Sometimes I get the feeling that overwhelm... or rather Overwhelm, comes in waves. There are days and weeks where I am just ticking along nicely. I have a good little system in place, getting shit done and still taking time for me and then... it starts to creep up on me... this feeling of malaise... or something. I've gotten behind on some things... didn't get the vacuuming done on the weekend... or whatever. And... I sense the Overwhelm lurking in the bushes, ready to leap out and consume me.
I'm not entirely sure that it is Overwhelm... perhaps it's the fact that Covid cases are going up in our neck of the woods. We've been pretty protected, living on Vancouver Island but now... there are several cases in a number of local schools... which means it's now spreading in the community. On top of that, numbers are going up in general - across the province, across the country, across the world.
And everything just seems harder. Picking up my PC Express grocery order on Friday was a hassle. My window was 8 am to 9 am. I had other errands to run and didn't want to go too early (8 am) because then I'd be sitting around waiting for the other stores to open at 9 am. So I showed up at 8:30 am and learned that there were 6 people ahead of me. I ended up waiting 45 minutes for my order to be brought out. The guy apologized... they had had some people call in sick and were short-staffed and had a tonne of orders to get prepped... and, there you go... the best laid plans go out the window.
And then... there's the local grocery store which doesn't have online orders so apparently allows people without masks to shop there. People who don't seem to see the need for social distancing either... [Although that has now changed in the last week with mandatory masks!]
And this gets repeated at Bulk Barn, Rexall, Home Hardware and a number of other shops... I sometimes think that perhaps I have too many errands to run... but... some things can only be purchased in these places. Perhaps I just clump too many errands together in one day... maybe I should split them up over the course of the week and go out every day? No... that doesn't seem like a good idea either.
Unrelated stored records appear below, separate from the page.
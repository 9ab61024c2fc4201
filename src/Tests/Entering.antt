-- ===== src/Tests/Entering.antt =====
-- The theorems on roles at concrete paths and roles.
use text.Mathlib.Text.{starts_with}
use legal_ai_copilot.Prelude.{String, ◌≡◌, ◌⊎◌, refl, str_eq}
use legal_ai_copilot.Models.{UserRole}
use legal_ai_copilot.Access.{endpoint_permissions, required_in, get_required_role, first_role}
use legal_ai_copilot.Access.Levels.{NoEntry, FirstEntry, required_in-entry}

abbrev approving : String
approving = "/agent/approve/7"

required_in-entry_example :
    let equal = λ (key : String). str_eq approving key in
    let under = λ (key : String). starts_with approving key in
    let role = required_in endpoint_permissions approving in
    FirstEntry equal endpoint_permissions role
    ⊎ ((NoEntry equal endpoint_permissions × FirstEntry under endpoint_permissions role)
        ⊎ (NoEntry equal endpoint_permissions
            × NoEntry under endpoint_permissions
            × (role ≡ UserRole.member)))
required_in-entry_example = required_in-entry endpoint_permissions approving

-- the settings of a workspace are open to members: the entry has a literal "{id}"
settings_of_workspace : get_required_role "/workspaces/7/settings" ≡ UserRole.member
unfolding get_required_role required_in first_role
settings_of_workspace = refl
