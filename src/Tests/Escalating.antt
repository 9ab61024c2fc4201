-- ===== src/Tests/Escalating.antt =====
-- Findings with citations at concrete scores.
use legal_ai_copilot.Prelude.{
  ℕ, String, Bool, true, false, none, some, [], ◌∷◌, ◌≡◌, not, length, ltb, refl, arith, All,
}
use legal_ai_copilot.Escalation.{
  Citation, Finding, Verdict, answered, evaluate_finding, conflicts_of, highest,
}
use legal_ai_copilot.Escalation.Justified.{Stands}
use legal_ai_copilot.Escalation.Alerts.{check_for_escalations}
use legal_ai_copilot.Escalation.Fired.{
  is_coverage, is_conflict, is_empty, fires, evaluate_finding-Stands,
}

abbrev higher : ℕ → ℕ → Bool
higher a b = ltb b a

higher-asym : (a b : ℕ) → higher a b ≡ true → higher b a ≡ false
higher-asym a b e = ground arith

higher-negtrans : (a b c : ℕ) → higher a b ≡ false → higher b c ≡ false → higher a c ≡ false
higher-negtrans a b c e h = ground arith

abbrev citation : String → ℕ → Citation ℕ
citation text score = record {
  document_name = "lease.pdf";
  clause_reference = "4.2";
  clause_text = text;
  relevance_score = score;
}

abbrev finding : Finding ℕ
finding = record {
  task_id = "t1";
  task_description = "notice";
  supporting_citations = citation "in writing" 3 ∷ citation "reasonable efforts" 8 ∷ [];
  definitional_conflicts = none;
}

abbrev two : ℕ → String
two n = "2"

abbrev vague : String → Verdict
vague text = answered true none

evaluate_finding-Stands_example :
    All (Stands higher vague finding) (evaluate_finding higher two vague finding)
    × (fires is_coverage (evaluate_finding higher two vague finding)
        ≡ ltb (length finding.supporting_citations) 3)
    × (fires is_conflict (evaluate_finding higher two vague finding)
        ≡ not (is_empty (conflicts_of finding.definitional_conflicts)))
evaluate_finding-Stands_example =
    evaluate_finding-Stands higher higher-asym higher-negtrans two vague finding

-- the clause of the highest score is the second
second_is_highest :
    highest higher (citation "in writing" 3) (citation "reasonable efforts" 8 ∷ [])
    ≡ citation "reasonable efforts" 8
unfolding highest
second_is_highest = refl

-- a node without a score has the score 0
unscored_node :
    check_for_escalations
      (λ a b. ltb a b)
      two
      0
      5
      (record { node_id = some "n1"; rerank_score = none; edge_type = none } ∷ [])
    ≡ record {
      trigger_type = "LOW_CONFIDENCE";
      reason = "Cross-Encoder score (2) below threshold (2).";
      flagged_nodes = "n1" ∷ [];
    }
      ∷ []
unfolding check_for_escalations
unscored_node = refl
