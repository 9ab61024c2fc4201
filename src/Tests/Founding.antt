-- ===== src/Tests/Founding.antt =====
-- The founding of an organisation by a new account.
use legal_ai_copilot.Prelude.{some, none, ◌≡◌, refl}
use legal_ai_copilot.Prelude.Table.{select_one, exists_where}
use legal_ai_copilot.Http.{http}
use legal_ai_copilot.Accounts.Context.{Claims}
use legal_ai_copilot.Accounts.Signup.{SetupOrgRequest, setup_org}
use legal_ai_copilot.Accounts.Founding.{IsFresh, Founds, setup_org-Founds}
use legal_ai_copilot.Tests.Enrolled.{crypto, fresh, accounts}

abbrev cy_claims : Claims
cy_claims = record { sub = some "s3"; email = some "cy@x.org" }

abbrev setup_request : SetupOrgRequest
setup_request = record { org_id = "cy-law"; org_name = none }

fresh-IsFresh : IsFresh fresh accounts
unfolding exists_where
fresh-IsFresh = record { organization = refl; user = refl; member = refl; workspace = refl }

setup_org-Founds_example :
    let r = setup_org crypto fresh cy_claims setup_request accounts in
    Founds crypto fresh cy_claims setup_request accounts r.0 r.1
setup_org-Founds_example =
    setup_org-Founds crypto fresh cy_claims setup_request accounts fresh-IsFresh

-- an account of that email, under another subject
known_email :
    (setup_org crypto fresh
      (record cy_claims { email = some "ada@x.org" })
      setup_request
      accounts).0
    ≡ http 409
unfolding setup_org select_one
known_email = refl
We've been reading a book called Burnout by Emily and Amelia Nagoski and they talk about the Stress Response. That, when something happens that triggers our fight/flight response, our body goes into a stress response... and while we might not fight/flight... the stress response is still there. And it need to be completed otherwise it gets stuck. Every encounter with a naked-faced person in a grocery story is a moment of danger... they might have Covid. Every errand is a foray into the wild world in which I might encounter someone who has Covid. I can try and talk my brain out of this alertness but... it knows better than me. It knows that danger is danger and reacts accordingly.I'm beginning to realize that I can't just shake off these moments... the stress response gets stuck... I need to walk, run, move when I get home. I need to talk about it. I need to cry. I need to write. I need to release the stuckness. Otherwise this is what happens, it builds up oh so slowly and manifests as overwhelm. It's not so much the overwhelm roller coaster or the Covid roller coaster... it's the stuck-Stress-Response roller coaster.
It becomes challenging to just get up on a Monday morning and keep on going... as if nothing has happened. Because things are always happening and I am never quite releasing what has happened. Or if I am... that release happens in waves. I release some of the stuckness and then am ticking along again nicely, ignoring the small annoyances/dangers and their associated stress response until... it gets too much again.
So... really... it's not the overwhelm that I need to handle... it's not all of the little unfinished to-dos on my list... it's the pent up anger, frustration, fear, sadness, disgust at the events that have happened over the course of the last few days/weeks/months. Be they related to potential Covid dangers or to other things... the heat pump remote that isn't functioning as it should... the never ending rain that keeps me cooped up at home... the aftermath of the US election results...
While I started this post thinking it would be about all of the loose ends that are niggling at me... it's turned into something much deeper and more real. Everything is upside down with this virus. Going around, pretending that everything is just fine is part of what ails us. Things aren't fine. We aren't fine. We are having our emotional buttons pressed repeatedly, day after day, by things as simple as going into a store. Activities that were safe before Covid are no longer quite so safe. Our brain knows this... even if we resist it. But resisting just keeps us stuck.
And so... I walk... I journal... I breathe... I meditate... I write... I talk with others. I work at releasing the stress responses... and try not to let them build up. But... I am clearly still in development with this.